One of the side effects of living overseas is that CNN broadcasts all the weird sports Americans don't care about. It's not loss for me because I don't like basketball or baseball anyway. On the other hand, it is rarely a gain for me either, because I like cricket and horse racing even less. But this week I have been catching excerpts of a truly awesome sporting event that I am sure is getting scant coverage in the US. I myself am only getting teasers..
The DAKAR RALLY !
When I heard Dakar Rally, I thought something about rally cars racing from Paris to Dakar. Well, it's much better than that. Forget Paris, forget Dakar, forget faggot rally cars. The Dakar Rally has a category of trucks racing across the open dunes in marathon, unsupported legs!

You have to see the clips to get full appreciation of these monsters... they are blasting away at high speed, leaving a showering sand wake.

I'd really love to see some in-depth coverage of this division. CNN keeps playing the same tired clip. There isn't much good coverage around the internet, either, even the official website is pretty lame. It needs more multimedia and exposition. Such a shame Quokka.com went extinct. This would be a great event for their style of invasive coverage.
Followup from RogerDoubleTap...
Actaully dakar rally is open to amateurs.
Racing on open desert seems safer than rallying on icy tundra or little
greek islands.
Don't have a 4x4? You can rent one:
http://www.dakar-rally.com/wrental/wrental.htm
moahahahah...
This photo of the 76 Truckstop outside Corsica, along Interstate 80, will put in perspective the scale of one meter resolution aerial data. Imagine the possibilities when 31die gets one centimeter color data...

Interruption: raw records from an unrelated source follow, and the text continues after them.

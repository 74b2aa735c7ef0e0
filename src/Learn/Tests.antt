-- ===== src/Learn/Tests.antt =====
-- Lessons, and instances of the theorems about them.
use khulnasoft_lab_vulnmap_l.Prelude.Maps.{lookup}
use khulnasoft_lab_vulnmap_l.Prelude.{text_eq, codes, true, ◌≡◌, refl, [], ◌∷◌, some, All}
use khulnasoft_lab_vulnmap_l.Vulnmap.Issue.{dependency_vulnerability}
use khulnasoft_lab_vulnmap_l.Learn.{Lesson, LearnService, lessons_at, update_caches, filter_lessons}
use khulnasoft_lab_vulnmap_l.Learn.Lookup.{alias_of, ecosystem_entry, marked_for_ide, get_lesson}
use khulnasoft_lab_vulnmap_l.Learn.Found.{IsOneOf, IsWanted, filter_lessons-found}
use khulnasoft_lab_vulnmap_l.Learn.Repeated.{lesson_marked_twice}
use khulnasoft_lab_vulnmap_l.Learn.Slugs.{rule_cache_misses}

abbrev lesson : Lesson
lesson = record {
  lesson_id = codes "1";
  cves = [];
  cwes = codes "CWE-89" ∷ [];
  ecosystem = codes "javascript";
  rules = codes "Sqli" ∷ [];
  slug = codes "sql-injection";
  published = true;
  url = codes "https://learn/sql-injection";
}

abbrev service : LearnService
service = record {
  lessons_by_rule = [];
  lessons_by_ecosystem = (codes "javascript", lesson ∷ []) ∷ [];
}

filter_lessons-found_example :
    All
      (λ l.
        IsOneOf (lesson ∷ []) l
        × IsWanted (record { rule = []; ecosystem = []; cwes = codes "CWE-89" ∷ []; cves = [] }) l)
      (filter_lessons
        (lesson ∷ [])
        (record { rule = []; ecosystem = []; cwes = codes "CWE-89" ∷ []; cves = [] }))
filter_lessons-found_example =
    filter_lessons-found
      (record { rule = []; ecosystem = []; cwes = codes "CWE-89" ∷ []; cves = [] }) (lesson ∷ [])

one_is_left :
    filter_lessons
      (lesson ∷ [])
      (record { rule = []; ecosystem = []; cwes = codes "CWE-89" ∷ []; cves = [] })
    ≡ lesson ∷ []
unfolding filter_lessons text_eq
one_is_left = refl

lesson_marked_twice_example :
    ((get_lesson (codes "npm") (codes "Sqli") [] [] dependency_vulnerability service).1
      ≡ some (marked_for_ide lesson))
    × ((get_lesson
          (codes "npm")
          (codes "Sqli")
          []
          []
          dependency_vulnerability
          (get_lesson (codes "npm") (codes "Sqli") [] [] dependency_vulnerability service).0).1
        ≡ some (marked_for_ide (marked_for_ide lesson)))
unfolding alias_of lessons_at lookup text_eq
lesson_marked_twice_example =
    lesson_marked_twice (codes "npm") (codes "Sqli") service (ecosystem_entry (codes "javascript"))
      lesson [] (refl, refl, refl)

rule_cache_misses_example :
    lessons_at (codes "Sqli") (update_caches (lesson ∷ []) service).lessons_by_rule ≡ []
unfolding text_eq
rule_cache_misses_example = rule_cache_misses (codes "Sqli") (lesson ∷ []) service (refl, tt)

These are some close-ups of the 1m resolution aerial photography available in PreCog. Shown are the Pennzoil oil product tanks and the abandoned coal tipple. That the coal tipple is still standing in this shot should indicate some limit on how recent this photo can be. Sometime in the last many years it was torn away and the ponds filled in. In general, we have no idea when these photos were taken. It would be nice to be able to tell.
Here is a zoom-in of the neighborhood where my grandparents lived and where I spent many joyous vacations.

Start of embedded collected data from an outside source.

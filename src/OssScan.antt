-- ===== src/OssScan.antt =====
-- infrastructure/oss/cli_scanner.go and internal/scans/scan_progress.go: a scan of a directory replaces
-- the one that runs there. Any number of calls of `Scan` run at once; a step is one critical section
-- of a call, what a call does between two, or a signal. A call is known by a number. The command line
-- tool's answer is an argument of the step that receives it, the conversion of its JSON a parameter.
-- The listener of a scan is always there in time, so that the timeouts of `CancelScan` and `SetDone`
-- are left out, and so are the tracker and the refresh scan once its timer has fired.
pub mod Errors
pub mod Lifecycle
pub mod Exclusion
pub mod Listener
pub mod Tests
use khulnasoft_lab_vulnmap_l.Prelude.Maps.{TextMap, lookup, store}
use khulnasoft_lab_vulnmap_l.Prelude.{
  ℕ, ◌+◌, ◌==◌, Text, text_eq, codes, Bool, true, false, not, ◌≡◌, ◌||◌, ◌&&◌, List, [], ◌∷◌, ◌++◌,
  Option, none, some, if◌then◌else◌,
}
use khulnasoft_lab_vulnmap_l.Uri.{clean}
use khulnasoft_lab_vulnmap_l.Vulnmap.Issue.{Issue}
use khulnasoft_lab_vulnmap_l.PathEncoding.{join_two}
use khulnasoft_lab_vulnmap_l.CodeBundle.{Answer, failed, answered}
use khulnasoft_lab_vulnmap_l.CodeBundle.Creation.{is_member, has_slash, path_base}
use khulnasoft_lab_vulnmap_l.CodeScan.{update}

-- `supportedFiles`
abbrev pub supported_files : List Text
supported_files =
    codes "yarn.lock"
    ∷ codes "package-lock.json"
    ∷ codes "package.json"
    ∷ codes "Gemfile"
    ∷ codes "Gemfile.lock"
    ∷ codes "pom.xml"
    ∷ codes "build.gradle"
    ∷ codes "build.gradle.kts"
    ∷ codes "build.sbt"
    ∷ codes "Pipfile"
    ∷ codes "requirements.txt"
    ∷ codes "Gopkg.lock"
    ∷ codes "go.mod"
    ∷ codes "vendor/vendor.json"
    ∷ codes "obj/project.assets.json"
    ∷ codes "project.assets.json"
    ∷ codes "packages.config"
    ∷ codes "paket.dependencies"
    ∷ codes "composer.lock"
    ∷ codes "Podfile"
    ∷ codes "Podfile.lock"
    ∷ codes "poetry.lock"
    ∷ codes "mix.exs"
    ∷ codes "mix.lock"
    ∷ []

-- `lockFilesToManifestMap`
abbrev lock_files_to_manifest : TextMap Text
lock_files_to_manifest =
    (codes "Gemfile.lock", codes "Gemfile")
    ∷ (codes "package-lock.json", codes "package.json")
    ∷ (codes "yarn.lock", codes "package.json")
    ∷ (codes "Gopkg.lock", codes "Gopkg.toml")
    ∷ (codes "go.sum", codes "go.mod")
    ∷ (codes "composer.lock", codes "composer.json")
    ∷ (codes "Podfile.lock", codes "Podfile")
    ∷ (codes "poetry.lock", codes "pyproject.toml")
    ∷ []

-- What a call tells the client, the error reporter and the analytics.
pub data OssEvent : Type 0 where
  -- `CaptureErrorAndReportAsIssue`, `SendErrorDiagnostic`, `AnalysisIsReady`
  oss_error_captured : Text → Text → OssEvent
  error_diagnostic_sent : Text → Text → OssEvent
  oss_analysis_ready : OssEvent
  -- `scheduleRefreshScan`
  refresh_scheduled : Text → OssEvent

-- The error of a run of the tool: an `exec.ExitError` with its exit code, its standard error and its
-- text, or another one, with its text and whether it is `context.Canceled`.
pub data CliError : Type 0 where
  exit_error : ℕ → Text → Text → CliError
  -- an exit error whose code is -1: a signal has ended the process
  signal_error : Text → Text → CliError
  other_error : Text → Bool → CliError

pub record CliResult : Type 0 where
  pub output : Text
  pub error : Option CliError

abbrev pub error_text : CliError → Text
error_text (exit_error code stderr text) = text
error_text (signal_error stderr text) = text
error_text (other_error text is_canceled) = text

-- The print of a slice of strings with `%v`.
unfoldable pub spaced : List Text → Text
spaced [] = []
spaced (t ∷ []) = t
spaced (t ∷ u ∷ ts) = t ++ (codes " " ++ spaced (u ∷ ts))

-- `newError` of `handleError`; its parts are joined by line breaks.
unfoldable pub exit_error_text : List Text → Text → Text → Text → Text
unfolding spaced
exit_error_text cmd output stderr text =
    codes "Vulnmap CLI error returned status code > 0 for command ["
    ++ spaced cmd
    ++ codes "]. Output: "
    ++ output
    ++ (10 ∷ 10 ∷ 10 ∷ [])
    ++ codes "STDERR:"
    ++ (10 ∷ [])
    ++ stderr
    ++ (10 ∷ [])
    ++ text

-- `handleError`: whether the run failed, and what is told.
unfoldable pub handle_cli_error : Text → CliError → Text → List Text → Bool × List OssEvent
unfolding exit_error_text
handle_cli_error path (other_error text true) output cmd = (true, [])
handle_cli_error path (other_error text false) output cmd =
    (true, oss_error_captured path text ∷ [])
handle_cli_error path (signal_error stderr text) output cmd =
    (true, oss_error_captured path (exit_error_text cmd output stderr text) ∷ [])
handle_cli_error path (exit_error code stderr text) output cmd =
    if code == 1
    then (false, [])
    else if code == 2
    then (true, error_diagnostic_sent path (exit_error_text cmd output stderr text) ∷ [])
    else if code == 3
    then (true, [])
    else (true, oss_error_captured path (exit_error_text cmd output stderr text) ∷ [])

-- `filepath.Dir`: up to the last separator, cleaned.
unfoldable pub dir_part : Text → Text
unfolding has_slash
dir_part [] = []
dir_part (c ∷ s) = let rest = dir_part s in if has_slash (c ∷ s) then c ∷ rest else []

unfoldable pub path_dir : Text → Text
unfolding dir_part clean
path_dir path = clean (dir_part path)

-- `determineTargetFile`
unfoldable pub determine_target_file : Text → Text
unfolding lookup
determine_target_file display_target_file =
    elim (lookup display_target_file lock_files_to_manifest) [
      | none ↦ display_target_file
      | some target_file ↦ target_file
    ]

-- `prepareScanCommand`, with the path of the tool, the additional parameters, and the tool's own
-- `ExpandParametersFromConfig`.
unfoldable pub without_empty : List Text → List Text
without_empty [] = []
without_empty ([] ∷ ts) = without_empty ts
without_empty ((c ∷ t) ∷ ts) = (c ∷ t) ∷ without_empty ts

unfoldable pub prepare_scan_command :
    (List Text → List Text) → Text → List Text → List Text → List Text
unfolding without_empty
prepare_scan_command expand cli_path additional args =
    expand (cli_path ∷ codes "test" ∷ [])
    ++ args
    ++ (codes "--json" ∷ [])
    ++ without_empty additional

So 31die came to Singapore for ten days of leisure and chitchat. Just before he left he installed his latest genius, PreCog, onto my new Unimog Monster Computer.

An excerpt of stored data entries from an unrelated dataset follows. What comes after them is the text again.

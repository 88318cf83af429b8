-- ===== src/Account/Lookup.antt =====
-- The handlers of account.go and session.go on one player.
use yggdrasil_authentication.Base.{◌≡◌, ◌==◌, [], ◌∷◌, text_eq, Text, text, length, arith}
use yggdrasil_authentication.Types.{
  ok, User, json, player_name_to_uuid, session_profile, SessionProfileProperty,
}
use yggdrasil_authentication.Platform.{Platform, by_player_name, by_uuid}
use yggdrasil_authentication.Action.{App, World, next, reply}
use yggdrasil_authentication.Model.Ids.{uuid_to_id, id_to_uuid}
use yggdrasil_authentication.Model.Ids.Roundtrip.{NoDash, uuid_to_id-id_to_uuid}
use yggdrasil_authentication.Account.{uuid_of_user, account_player_name_to_id}
use yggdrasil_authentication.Profile.Property.{get_skin_textures_property}
use yggdrasil_authentication.Session.{full_profile, find_user, session_profile_by_id}

module _ ⦃P : Platform⦄ (app : App P) where
  -- For a player whose UUID is that of an identifier of 32 bytes without dashes, the account server
  -- answers the player's name with that identifier and leaves the state alone; and the session server
  -- answers that identifier with the profile of the same player, with the identifier, the name, and
  -- the textures, signed if the query parameter is "false", once those can be made.
  pub account_player_name_to_id-session_profile_by_id :
      (path id unsigned : Text) (user : User) (w after : World P)
      (property : SessionProfileProperty)
      → length id ≡ 32
      → NoDash id
      → id_to_uuid id ≡ ok user.uuid
      → P.first_user (by_player_name user.player_name) w.db ≡ ok user
      → P.first_user (by_uuid user.uuid) w.db ≡ ok user
      → get_skin_textures_property app user (unsigned == text "false") w ≡ (next property, after)
      → (account_player_name_to_id app path user.player_name w ≡ (
        reply (json 200 (player_name_to_uuid (record { name = user.player_name; id = id }))),
        w,
      ))
        × (session_profile_by_id app id unsigned w ≡ (
          reply (
              json 200 (
                session_profile
                  (record { id = id; name = user.player_name; properties = property ∷ [] }))),
          after,
        ))
  unfolding account_player_name_to_id uuid_of_user session_profile_by_id find_user full_profile
  account_player_name_to_id-session_profile_by_id path id unsigned user w after property size clean
        uuid named identified textures =
      let (u, made, _, back) = uuid_to_id-id_to_uuid id size clean in
      let same : uuid_to_id user.uuid ≡ ok id = ground (arith, made, uuid, back) in
      (ground (arith, named, same), ground (arith, uuid, identified, same, textures))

As a bug-free beta, this is an incredible program. It is a lean, tidy tool that allows you to pan and zoom through literally gigabytes of 1m aerial photography data as quickly, cleanly, and briskly as you would PgDn through a 15k text file in emacs.
A little gnome program hides in the background sucking raw data from the Terraserver mapping database and ripping it into a useful format. PreCog, featuring advanced graphical programming techniques, renders this onscreen. It's so efficient that you'll have no comprehension of how much data is actually being manipulated behind the scenes.
Here are some closer-in samples of my old hometown, Corsica PA. Keep in mind that the original image PreCog is dealing with covers the greater part of Pennsyvania...
This software has extraordinary visualization applications for several of our hobbies, including geocaching, four-wheel offroading, and infilitration. Be confident that 31die is feverishly working on more enhancements, including colorization, 1cm resolution, and artificial horizon generation.